PARCO AGRICOLO URBANO di Casal del Marmo

Parchi agricoli comunali, una strategia pubblica attiva per le aree agricole (dal sito del Comitato Ottavia)

A Roma circa 63.000 ettari di agro romano circondano la città, incuneandosi spesso nell’abitato: un susseguirsi di terreni e spazi aperti in gran parte inseriti nel sistema dei parchi regionali, che ne garantisce la tutela e la valorizzazione. Uno degli strumenti allo studio per salvaguardare, promuovendone lo sviluppo e il presidio, anche le aree agricole che non rientrano nei parchi regionali -e soprattutto quelle più prossime all’abitato- è quello del Parco agricolo comunale, da realizzarsi con procedure del tutto simili a quelle già sperimentate nei programmi integrati per la riqualificazione dei tessuti urbani. La ricerca di Ecomed contribuisce a definire l’aspetto normativo dello strumento del Parco agricolo comunale e approfondisce lo studio di un ambito che sembra avere le caratteristiche adatte per sperimentarlo: Casal del Marmo, circa 500 ettari di campagna chiusa fra quartieri residenziali, in cui forre, fossi, campi coltivati e una folta vegetazione ripariale si alternano in maniera discontinua.
Qui la realizzazione del Parco Agricolo Urbano può consentire non solo la razionalizzazione degli usi del terreno, ma anche la riorganizzazione dei rapporti tra città e campagna, stabilendo e progettando accessi, percorsi ciclo pedonali, aree e spazi per la fruizione delle risorse naturali e culturali da parte dei cittadini.

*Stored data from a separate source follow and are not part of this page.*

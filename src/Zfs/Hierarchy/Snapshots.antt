-- ===== src/Zfs/Hierarchy/Snapshots.antt =====
-- `HasSnapshotInHierarchy` finds exactly the snapshots below a dataset.
use mathlib.Core.Path.{subst}
use zsys.Prelude.{true, false, ◌||◌, ◌≡◌, refl, sym, ◌⊎◌, inl, inr, arith, Bool-cases}
use zsys.Zfs.Dataset.{Dataset, dataset, Children, nil, cons, is_snapshot_of, children_of}
use zsys.Zfs.Hierarchy.{has_snapshot_in_hierarchy, has_snapshot_in_children}
use zsys.Zfs.Hierarchy.Reach.{ChildIn, Reach, here, below}

-- A snapshot that is a child of d or of a dataset below it.
abbrev pub SnapshotBelow : Dataset → Type 0
SnapshotBelow d =
    (p c : Dataset) × Reach d p × ChildIn c (children_of p) × (is_snapshot_of c ≡ true)

abbrev SnapshotAmong : Children → Type 0
SnapshotAmong ds =
    (c : Dataset) × ChildIn c ds
    × ((is_snapshot_of c ≡ true) ⊎ ((is_snapshot_of c ≡ false) × SnapshotBelow c))

mutual
  unfolding has_snapshot_in_hierarchy has_snapshot_in_children

  found_below : (d : Dataset) → has_snapshot_in_hierarchy d ≡ true → SnapshotBelow d
  found_below (dataset n true p cs) h = cc
  found_below (dataset n false p cs) h =
      let (c, i, which) = found_among cs h in
      elim which [
        | inl s ↦ (dataset n false p cs, c, here refl, i, s)
        | inr (f, (q, e, r, j, s)) ↦ (q, e, below c i f r, j, s)
      ]

  found_among : (ds : Children) → has_snapshot_in_children ds ≡ true → SnapshotAmong ds
  found_among nil h = cc
  found_among (cons d ds) h = elim (Bool-cases (is_snapshot_of d)) [
    | inl s ↦ (d, inl refl, inl s)
    | inr f ↦ elim (Bool-cases (has_snapshot_in_hierarchy d)) [
      | inl y ↦ (d, inl refl, inr (f, found_below d y))
      | inr n ↦ let (c, i, which) = found_among ds (rw (f, n) at h) in (c, inr i, which)
    ]
  ]

among_found :
    (ds : Children) (c : Dataset)
    → ChildIn c ds
    → (is_snapshot_of c || has_snapshot_in_hierarchy c) ≡ true
    → has_snapshot_in_children ds ≡ true
unfolding has_snapshot_in_children
among_found nil c i h = elim i [ ]
among_found (cons d ds) c (inl q) h = rw (← q, h) refl
among_found (cons d ds) c (inr i) h = ground (arith, among_found ds c i h)

step_found :
    (d : Dataset)
    → is_snapshot_of d ≡ false
    → has_snapshot_in_children (children_of d) ≡ true
    → has_snapshot_in_hierarchy d ≡ true
unfolding has_snapshot_in_hierarchy
step_found (dataset n s p cs) f h = rw f h

below_found :
    (d p c : Dataset)
    → is_snapshot_of d ≡ false
    → Reach d p
    → ChildIn c (children_of p)
    → is_snapshot_of c ≡ true
    → has_snapshot_in_hierarchy d ≡ true
below_found d p c f (here q) i s =
    step_found d f
      (among_found (children_of d) c (subst (λ x. ChildIn c (children_of x)) (sym q) i) (rw s refl))
below_found d p c f (below e j g r) i s =
    step_found d f (among_found (children_of d) e j (rw (g, below_found e p c g r i s) refl))

-- A filesystem dataset has a snapshot in its hierarchy exactly if a snapshot is a child of it or of
-- a filesystem dataset below it; a snapshot never has one.
pub has_snapshot_in_hierarchy_iff :
    (d : Dataset)
    → (is_snapshot_of d ≡ false → SnapshotBelow d → has_snapshot_in_hierarchy d ≡ true)
      × (has_snapshot_in_hierarchy d ≡ true → SnapshotBelow d × (is_snapshot_of d ≡ false))
unfolding has_snapshot_in_hierarchy
has_snapshot_in_hierarchy_iff d =
    (λ f b. below_found d b.0 b.1 f b.2 b.3 b.4, λ h. (found_below d h, filesystem d h))
  where
    filesystem : (e : Dataset) → has_snapshot_in_hierarchy e ≡ true → is_snapshot_of e ≡ false
    filesystem (dataset n true p cs) h = cc
    filesystem (dataset n false p cs) h = refl
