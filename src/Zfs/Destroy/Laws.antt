-- ===== src/Zfs/Destroy/Laws.antt =====
-- What a destruction leaves.
pub mod Filesystems
use mathlib.Core.List.{Memᴰ}
use zsys.Prelude.{
  Bool, true, false, not, ◌&&◌, ◌||◌, Option, none, some, List, [], ◌∷◌, ◌++◌, ◌≡◌, ◌≢◌, ◌⊎◌, inl,
  inr, refl, sym, ap, ◌∙◌, arith, Bool-cases,
}
use zsys.Text.{Bytes}
use zsys.Zfs.Dataset.{Dataset, dataset, Children, nil, cons, name_of, is_snapshot_of}
use zsys.Zfs.Hierarchy.{collect_dataset, collect_children, has_snapshot_in_hierarchy}
use zsys.Zfs.Hierarchy.Snapshots.{SnapshotBelow, has_snapshot_in_hierarchy_iff}
use zsys.Zfs.Cache.{Cache, find_in_children}
use zsys.Zfs.Destroy.{
  Backend, CloneError, DestroyError, not_found, cloned, has_snapshots, Destroyed, own_clones,
  check_no_clone, check_no_clone_children, destroy_found, destroy,
}

Memᴰ-append {ℓ} : {A : Type ℓ} (xs ys : List A) (x : A) → Memᴰ x (xs ++ ys) → Memᴰ x xs ⊎ Memᴰ x ys
Memᴰ-append [] ys x m = inr m
Memᴰ-append (y ∷ xs) ys x (Memᴰ.head e) = inl (Memᴰ.head e)
Memᴰ-append (y ∷ xs) ys x (Memᴰ.tail m) = elim (Memᴰ-append xs ys x m) [
  | inl i ↦ inl (Memᴰ.tail i)
  | inr j ↦ inr j
]

first_none {ℓ} :
    {E : Type ℓ} (o later : Option E)
    → (elim o as (λ o. Option E) [ some e ↦ some e | none ↦ later ]) ≡ none
    → (o ≡ none) × (later ≡ none)
first_none none later h = (refl, h)
first_none (some e) later h = absurd cc

module _ (z : Backend) where
  mutual
    unfolding check_no_clone collect_dataset

    uncloned :
        (d x : Dataset)
        → check_no_clone z d ≡ none
        → Memᴰ x (collect_dataset d)
        → own_clones z (name_of x) ≡ none
    uncloned (dataset n s p cs) x h (Memᴰ.head e) =
        rw e (first_none (own_clones z n) (check_no_clone_children z cs) h).0
    uncloned (dataset n s p cs) x h (Memᴰ.tail m) =
        uncloned_children cs x (first_none (own_clones z n) (check_no_clone_children z cs) h).1 m

    uncloned_children :
        (ds : Children) (x : Dataset)
        → check_no_clone_children z ds ≡ none
        → Memᴰ x (collect_children ds)
        → own_clones z (name_of x) ≡ none
    uncloned_children nil x h m = elim m [ ]
    uncloned_children (cons d ds) x h m =
        let (a, b) = first_none (check_no_clone z d) (check_no_clone_children z ds) h in
        elim (Memᴰ-append (collect_dataset d) (collect_children ds) x m) [
          | inl i ↦ uncloned d x a i
          | inr j ↦ uncloned_children ds x b j
        ]

  -- A dataset of the tree has clones, or libzfs cannot say so.
  abbrev pub ClonedBelow : Dataset → Type 0
  ClonedBelow d = (x : Dataset) × Memᴰ x (collect_dataset d) × (own_clones z (name_of x) ≢ none)

  -- Nothing is destroyed, and there is an error.
  abbrev pub Refused : Cache → Destroyed → Type 0
  Refused cache r = (r.0 ≡ cache) × ((e : DestroyError) × (r.1 ≡ some e))

  clones-Refused :
      (name : Bytes) (cache : Cache) (d : Dataset)
      → find_in_children name cache ≡ some d
      → ClonedBelow d
      → Refused cache (destroy z name cache)
  unfolding destroy
  clones-Refused name cache d f (x, m, h) = rw (f, destroy) (go (check_no_clone z d) refl)
    where
      go :
          (o : Option CloneError)
          → check_no_clone z d ≡ o
          → Refused cache (elim o as (λ o. Destroyed) [
            | some e ↦ (cache, some (cloned e))
            | none ↦ destroy_found z name d cache
          ])
      go (some e) q = (refl, (cloned e, refl))
      go none q = absurd (h (uncloned d x q m))

  snapshots-Refused :
      (name : Bytes) (cache : Cache) (d : Dataset)
      → find_in_children name cache ≡ some d
      → is_snapshot_of d ≡ false
      → SnapshotBelow d
      → Refused cache (destroy z name cache)
  unfolding destroy destroy_found
  snapshots-Refused name cache d f s b = rw (f, destroy) (go (check_no_clone z d))
    where
      found : has_snapshot_in_hierarchy d ≡ true
      found = (has_snapshot_in_hierarchy_iff d).0 s b

      go :
          (o : Option CloneError)
          → Refused cache (elim o as (λ o. Destroyed) [
            | some e ↦ (cache, some (cloned e))
            | none ↦ destroy_found z name d cache
          ])
      go (some e) = (refl, (cloned e, refl))
      go none = rw (s, found, destroy_found) (refl, (has_snapshots (name_of d), refl))

  -- A dataset is not destroyed, and nothing else is, if it or a dataset below it has clones, or if it
  -- is a filesystem with a snapshot of itself or of a dataset below it: there is an error, and the
  -- cache is as it was.
  pub destroy-Refused :
      (name : Bytes) (cache : Cache) (d : Dataset)
      → find_in_children name cache ≡ some d
      → ClonedBelow d ⊎ ((is_snapshot_of d ≡ false) × SnapshotBelow d)
      → Refused cache (destroy z name cache)
  destroy-Refused name cache d f (inl c) = clones-Refused name cache d f c
  destroy-Refused name cache d f (inr (s, b)) = snapshots-Refused name cache d f s b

NOTE STORICHE SU CASAL DEL MARMO a cura di Nando Maurelli

A detta del Nibby (1), questa tenuta prende questo nome a causa della grande quantità di marmi che vi sono stati trovati; non è improbabile questa ipotesi, perché di fatto  a Casal del Marmo i manufatti di pietra di epoca romana non mancano; sono sparsi su tutto il fondo, le mura del casale ne sono piene e il bel sarcofago strigilato che serviva di fioriera nel giardino della villa, ora scomparso, ne era un bell’esempio.

La tenuta è percorsa da numerosi cunicoli di drenaggio; io stesso ne ho percorso un tratto di circa 500 metri: ad un centinaio di metri a Sud del casale si apre una camera nel tufo da cui parte un cunicolo che giunge fino al fosso; vi corre dell’acqua che ha scavato un solco; il passaggio è alto un metro e 80 cm. Ed è largo oltre 60 cm; di tanto in tanto sulla parete di destra si aprono delle nicchie, mentre ad intervalli regolari il soffitto si apre e sale in superfice. Il cunicolo all’altezza degli sfiatatoi si allarga e al momento accoglie ogni sorta di immondizia che vi è stata gettata dentro.

A detta di chi l’ha frequentata perché vi lavorava come contadino, non poche tombe e ruderi di vario genere sono stati trovati, sparsi su tutta la tenuta:  basoli, frammenti di vasi, pietre lavorate, ecc..Piccoli frammenti di marmo trovati nel comprensorio compreso tra via Barellai e via Casal del Marmo sembra provengano dall’Africa. Insomma Casal del Marmo nonostante il saccheggio che dura ormai da secoli può riservarci ancora delle sorprese, se si riuscirà a sottrarlo alla furia della speculazione edilizia e della rendita fondiaria.

Oggi la tenuta si è ridotta ad un centinaio di ettari, ma un tempo era molto più grande e ai primi del ‘900 confinava con Mimmoli, Palmarola, Insugherata, la via Trionfale, e la tenuta di S. Agata. Il fondo è sempre appartenuto al Capitolo Vaticano e, è sempre il Nibby a dirlo, questo fondo è da ravvisare tra quelli nominati nelle Bolle di Leone IV e molti altri papi successivi fino al 1200.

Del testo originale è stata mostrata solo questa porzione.